Rozwój technologii, oprócz wszystkich innych wielkoskalowych zmian, doprowadził nasz świat do coraz większego tempa globalizacji. W ciągu ostatnich stu lat powstały niezwykłe mieszane społeczeństwa, w których współistnieją przedstawiciele zupełnie odmiennych kultur. I coraz częściej pojawia się pytanie, czym jest tolerancja? Dobry czy zły? Często nacjonalistyczne siły polityczne odwołują się do tej koncepcji.
Czym jest tolerancja jako pojęcie biologiczne
Zasadniczo jest to pierwotne znaczenie tego terminu. Przez biologów jest używany jako oznaczenie określonej zdolności żywych organizmów. Tolerancja oznacza procesy habituacji. Na przykład w immunologii oznacza to stan ciała, w którym z jakiegoś powodu nie jest on w stanie wytworzyć przeciwciał dla pewnych antygenów. Zasadą jest, że ta niezdolność jest złym znakiem, ponieważ często implikuje niemożność oparcia się obcych elementów. Jednak w niektórych przypadkach tolerancja jest konieczna. Na przykład w czasie ciąży płód nie jest odrzucany przez ciało matki. Jest to również tolerancja. Wśród ekologów pojęcie tolerancji oznacza zdolność żywego organizmu do przystosowania się do szerokiego zakresu warunków klimatycznych. Również bardzo przydatne.

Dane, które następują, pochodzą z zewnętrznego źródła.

-- ===== src/Lib.antt =====
-- penn_daq: the program that controls the electronics of the SNO+ detector. A controller types
-- commands on a socket; a command locks the boards it works on, talks to the XL3 crate controllers
-- and to the trigger board (MTC) over sockets of their own, and unlocks them.
--
-- The parts and their files:
-- - Stream: `XL3Link::RecvCallback` of src/xl3/XL3Link.cpp. Reader is the loop that drains the
--   socket, Cutter the loop that cuts the bytes into packets; a `Receiver` has `fBytesLeft`,
--   `fTempBytes` and `fTempPacket`. Spec says what a stream of bytes should deliver, Rounds and Refine
--   take the loop there, Sequence is about many callbacks. The size of a packet (1444), the length of
--   the buffer (10000) and `ProcessPacket` are arguments.
-- - Swap: `SwapLongBlock` and `SwapShortBlock` of src/core/Globals.cpp.
-- - Bundle: the macros of src/xl3/UnpackBundles.h and `GetBits` of src/core/Globals.cpp; Layout has
--   the fields of a bundle and where they stand.
-- - Locks: `LockConnections` and `UnlockConnections` of src/core/Globals.cpp, `CheckLock` of
--   src/xl3/XL3Model.cpp and src/mtc/MTCModel.cpp, the flags of src/net/GenericLink.h. Calls is about
--   one call, Sessions about commands that run at the same time.
-- - Args: `GetInt` to `GetString` of src/core/Globals.cpp, which read a command's arguments.
-- - Mtc: src/mtc/MTCModel.cpp. Packet has the packets of src/net/MTCPacketTypes.h, `RegWrite` and
--   `RegRead`; the state is the list of packets sent, newest first, and what `GetNextPacket` finds is a
--   parameter. Widths has the settings of one register, Serial those that are shifted in,
--   Dacs the thresholds, Delays the delays and the commands of src/mtc/MTCCmds.cpp. Link is the
--   receiver of src/mtc/MTCLink.cpp, whose packets carry their length, Framing and Reading what it
--   makes of a stream. File reads the list of packets as a file of registers; Settings, Shift, Lines
--   and Load are the results.
-- - Xl3: src/xl3/XL3Link.cpp below `RecvCallback`, src/xl3/XL3Model.cpp and src/xl3/XL3Cmds.cpp. Packet
--   has the packets of src/net/XL3PacketTypes.h, a payload as the list of its words; Mega the walk over
--   a megabundle; Link `ProcessPacket`, `SendPacket`, `GetNextPacket`, `GetNextCmdAck` and
--   `CheckQueue`; Model `SendCommand` and `GetMultiFCResults`; Calibration, Crate and Readout the other
--   methods; Cmds the commands. A `Task` returns, throws, or is `lost`. The packets that will arrive
--   are a list in the state of the link, where none is a wait that runs out, so that a theorem on
--   every state is one on every order of arrivals. Arrivals, Waiting and Fetch are about the queues,
--   Replies and Sending about `SendCommand`, Results, Collect and Ordered about `GetMultiFCResults`.
-- - Boards: FECTest, MemTest, BoardID, CaldTest, ZDisc and VMon of src/tests, each the packets that it
--   sends by Xl3 and the documents that it makes of the answers; Passing and Ranges are about the
--   documents. Pedestals is RunPedestals of src/tests, on a state of many crates and the MTC, Trigger
--   what it asks of the MTC at its ends, and Stopping is about those.
-- - Db: src/db/DB.cpp and `CrateInit` of src/xl3/XL3Cmds.cpp. Json has the calls on documents, which are
--   parameters with the answers of the databases. Constants fills the structures of src/db/DBTypes.h
--   from documents, Overrides puts the constants of one card together, Layout has them as bytes and
--   CrateInit sends them by Xl3; Shapes is about their ranges, Sources and Defaults about the documents
--   that do not count, Packed and Received about what a board reads in the packet. Ecal is
--   `AddECALTestResults`, Generate `CreateFECDBDoc` and `GenerateFECDocFromECAL`; Counting, Posting
--   and Hits are about the tests that are counted for a card, Posted about the document that is posted.
--   Location is `RemoveFromConfig` and what `UpdateLocation` does to the configuration, Update the order
--   in which that puts documents; Removed and Cleared are about the boards that are taken away, Places,
--   Written, Crates, Standing, Steps and Moved about where boards stand afterwards.
-- - Controller: `ControllerLink::ProcessCommand` of src/cont/ControllerLink.cpp. Each branch of its
--   chain is a function `do_` and the command's name, in Crate, Card, Trigger, Masks, Checks,
--   Timing, Scans, Series and Daemon, in the order of the source; `process_command` is the chain. A
--   branch reads its arguments by Args and takes its locks by Locks. The functions that it calls are
--   the constructors of `Call`, with the values of their arguments. Guard, Release and Range are about
--   the locks around the calls, Turns has a branch as steps of Locks.Sessions, and Dispatch is about the
--   names. Stream hands its packets to the
--   `process_packet` of Xl3.
--
-- Numbers are natural numbers; a word is its pattern of bits, and the wrap of a 32-bit result is
-- written out. `float`, `atoi`, `strtoul`, `strtoull` and `strtod` are parameters (`Conversions`), and
-- a constant of type `float` is `strtod` of its text. An access past the end of an array ends in
-- `fault`, or in none. The fuel of the cutting loop is the count of bytes and one more, and each
-- round but the last takes a byte. The loops of Xl3 that wait have as much fuel as acknowledgements or
-- packets can still come, and one more. The loops of Db run as often as the documents say. The host of
-- `CrateInit` is taken to be one that stores the low byte of a word first.
--
-- Not modelled: the functions that a command of the controller calls are not yet tied to Xl3, Mtc and
-- Db, and an exception that one of them throws is left out there; the texts that are printed, and the
-- times; the conversions of voltages of src/xl3/XL3Cmds.cpp, which are printed; the configuration file,
-- the log, macros and help (src/core/Globals.cpp), which are input and output; `XilinxLoad` and
-- `SBCControl` of src/mtc; the other tests of src/tests; the other functions of src/db/DB.cpp, and
-- src/db/DetectorDB.cpp, which puts texts of SQL together and sends them; src/db/Json.cpp and
-- src/db/Pouch.cpp, which are other projects' libraries; src/tubii and src/tut.
mod Prelude
pub mod Stream
pub mod Swap
pub mod Bundle
pub mod Locks
pub mod Args
pub mod Controller
pub mod Db
pub mod Mtc
pub mod Xl3
pub mod Boards
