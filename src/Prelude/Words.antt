-- ===== src/Prelude/Words.antt =====
-- Bits of a machine word, and `|`, `&` and `~` on words, bit by bit.
use Prim.Native.Nat.{
  ℕ, zero, suc, ◌+◌, ◌-◌, ◌*◌, ◌/◌, ◌%◌, ◌^◌, ◌≤◌, ◌<◌, min, max, digits, bit_and, bit_or,
  bit_and-bitwise, bit_or-bitwise,
}
use mathlib.Core.Logic.{◌≢◌}
use mathlib.Core.Path.{◌≡◌, refl, ap, ◌∙◌, sym}
use native.Mathlib.Omega.{arith}
use native.Mathlib.Nat.{le_refl, div-div-eq-div-mul, pow-succ', div-one, two-pow-succ, one-le-pow}

-- Bit `k` of `x`.
abbrev pub bit : ℕ → ℕ → ℕ
bit x zero = x % 2
bit x (suc k) = bit (x / 2) k

-- The fuel of `digits` does not matter once it covers the number.
module _ (tail : ℕ → ℕ) (op : ℕ → ℕ → ℕ) where
  digits_enough : (n m a b : ℕ) → a ≤ n → a ≤ m → digits tail op n a b ≡ digits tail op m a b
  digits_enough zero zero a b p q = refl
  digits_enough n m zero b p q = both_zero n m
    where
      both_zero : (n m : ℕ) → digits tail op n zero b ≡ digits tail op m zero b
      both_zero zero zero = refl
      both_zero zero (suc m) = refl
      both_zero (suc n) zero = refl
      both_zero (suc n) (suc m) = refl
  digits_enough zero m (suc a) b p q = absurd (omega arith)
  digits_enough (suc n) zero (suc a) b p q = absurd (omega arith)
  digits_enough (suc n) (suc m) (suc a) b p q =
      ap (λ (t : ℕ). t * 2 + op (suc a % 2) (b % 2))
        (digits_enough n m (suc a / 2) (b / 2) (omega arith) (omega arith))

pub bit_or_digit : (a b : ℕ) → bit_or a b ≡ bit_or (a / 2) (b / 2) * 2 + max (a % 2) (b % 2)
bit_or_digit zero b = omega (arith, bit_or-bitwise 0 b, bit_or-bitwise 0 (b / 2))
bit_or_digit (suc a) b = omega (
  arith,
  bit_or-bitwise (suc a) b,
  bit_or-bitwise (suc a / 2) (b / 2),
  digits_enough (λ y. y) max a (suc a / 2) (suc a / 2) (b / 2) (omega arith) (le_refl _),
)

pub bit_and_digit : (a b : ℕ) → bit_and a b ≡ bit_and (a / 2) (b / 2) * 2 + min (a % 2) (b % 2)
bit_and_digit zero b = omega (arith, bit_and-bitwise 0 b, bit_and-bitwise 0 (b / 2))
bit_and_digit (suc a) b = omega (
  arith,
  bit_and-bitwise (suc a) b,
  bit_and-bitwise (suc a / 2) (b / 2),
  digits_enough (λ y. 0) min a (suc a / 2) (suc a / 2) (b / 2) (omega arith) (le_refl _),
)

pub bit_or-half : (a b : ℕ) → bit_or a b / 2 ≡ bit_or (a / 2) (b / 2)
bit_or-half a b = omega (arith, bit_or_digit a b)

pub bit_and-half : (a b : ℕ) → bit_and a b / 2 ≡ bit_and (a / 2) (b / 2)
bit_and-half a b = omega (arith, bit_and_digit a b)

pub bit-bit_or : (a b k : ℕ) → bit (bit_or a b) k ≡ max (bit a k) (bit b k)
bit-bit_or a b zero = omega (arith, bit_or_digit a b)
bit-bit_or a b (suc k) = ap (λ t. bit t k) (bit_or-half a b) ∙ bit-bit_or (a / 2) (b / 2) k

pub bit-bit_and : (a b k : ℕ) → bit (bit_and a b) k ≡ min (bit a k) (bit b k)
bit-bit_and a b zero = omega (arith, bit_and_digit a b)
bit-bit_and a b (suc k) = ap (λ t. bit t k) (bit_and-half a b) ∙ bit-bit_and (a / 2) (b / 2) k

pub bit-le-one : (x k : ℕ) → bit x k ≤ 1
bit-le-one x zero = omega arith
bit-le-one x (suc k) = bit-le-one (x / 2) k

-- Two numbers with the same bits are equal.
bit_ext_below : (n a b : ℕ) → a ≤ n → b ≤ n → ((k : ℕ) → bit a k ≡ bit b k) → a ≡ b
bit_ext_below zero a b p q same = omega arith
bit_ext_below (suc n) a b p q same =
    omega (
      arith,
      same 0,
      bit_ext_below n (a / 2) (b / 2) (omega arith) (omega arith) (λ k. same (suc k)),
    )

pub bit_ext : (a b : ℕ) → ((k : ℕ) → bit a k ≡ bit b k) → a ≡ b
bit_ext a b same = bit_ext_below (a + b) a b (omega arith) (omega arith) same

-- What `(x >> k) & 1` reads.
pub shift-bit : (x k : ℕ) → x / 2 ^ k % 2 ≡ bit x k
shift-bit x zero = ap (λ (t : ℕ). t % 2) (div-one x)
shift-bit x (suc k) =
    ap (λ (t : ℕ). t % 2)
      (ap (λ (t : ℕ). x / t) (pow-succ' 2 k) ∙ sym (div-div-eq-div-mul x 2 (2 ^ k)))
    ∙ shift-bit (x / 2) k

pub bit_and-one : (x : ℕ) → bit_and x 1 ≡ x % 2
bit_and-one x = bit_ext (bit_and x 1) (x % 2) λ k. bit-bit_and x 1 k ∙ same k
  where
    zeros : (k : ℕ) → bit 0 k ≡ 0
    zeros zero = refl
    zeros (suc k) = zeros k

    low_half : x % 2 / 2 ≡ 0
    low_half = omega arith

    same : (k : ℕ) → min (bit x k) (bit 1 k) ≡ bit (x % 2) k
    same zero = omega arith
    same (suc k) = omega (arith, zeros k, ap (λ t. bit t k) low_half)

pub bit-zero : (k : ℕ) → bit 0 k ≡ 0
bit-zero zero = refl
bit-zero (suc k) = bit-zero k

pub bit-ge : (n x k : ℕ) → x < 2 ^ n → n ≤ k → bit x k ≡ 0
bit-ge zero x k h g = ap (λ t. bit t k) zero_x ∙ bit-zero k
  where
    zero_x : x ≡ 0
    zero_x = omega arith
bit-ge (suc n) x zero h g = absurd (omega arith)
bit-ge (suc n) x (suc k) h g = bit-ge n (x / 2) k (omega (arith, two-pow-succ n)) (omega arith)

-- The complement in a word of `n` bits.
pub bit-complement : (n x k : ℕ) → x < 2 ^ n → k < n → bit (2 ^ n - 1 - x) k ≡ 1 - bit x k
bit-complement zero x k h g = absurd (omega arith)
bit-complement (suc n) x zero h g = omega (arith, two-pow-succ n, one-le-pow n 2)
bit-complement (suc n) x (suc k) h g =
    ap (λ t. bit t k) half
    ∙ bit-complement n (x / 2) k (omega (arith, two-pow-succ n)) (omega arith)
  where
    half : (2 ^ suc n - 1 - x) / 2 ≡ 2 ^ n - 1 - x / 2
    half = omega (arith, two-pow-succ n, one-le-pow n 2)

-- The bits of a power of 2.
pub bit-pow : (k : ℕ) → bit (2 ^ k) k ≡ 1
bit-pow zero = refl
bit-pow (suc k) = ap (λ t. bit t k) (omega (arith, two-pow-succ k)) ∙ bit-pow k

pub bit-pow_ne : (k i : ℕ) → i ≢ k → bit (2 ^ k) i ≡ 0
bit-pow_ne zero zero ne = absurd (ne refl)
bit-pow_ne zero (suc i) ne = bit-zero i
bit-pow_ne (suc k) zero ne = omega (arith, two-pow-succ k)
bit-pow_ne (suc k) (suc i) ne =
    ap (λ t. bit t i) (omega (arith, two-pow-succ k)) ∙ bit-pow_ne k i (λ e. ne (ap suc e))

Co oznacza tolerancja dla społeczeństwa?
Globalizacja poruszona na początku artykułu dała początek zrozumieniu tolerancji społecznej jako wyjątkowo tolerancyjnej postawie wobec przedstawicieli innych narodów i kultur. To nie do końca prawda. Istnieją inne jego rodzaje: polityczna, międzyklasowa, tolerancja płci, tolerancja w stosunku do mniejszości seksualnych, osób niepełnosprawnych i innych kategorii społecznych. Interesujące jest to, że w tych obszarach w społeczeństwach Zachodu ma miejsce całkiem udana formacja tolerancji. Jednak nie można tego powiedzieć Kraje WNP, Rosja, a zwłaszcza kraje muzułmańskie. Innymi słowy, w świecie, który nie w pełni przyjął wartości demokratyczne.
Czym jest tolerancja w aspekcie narodowym?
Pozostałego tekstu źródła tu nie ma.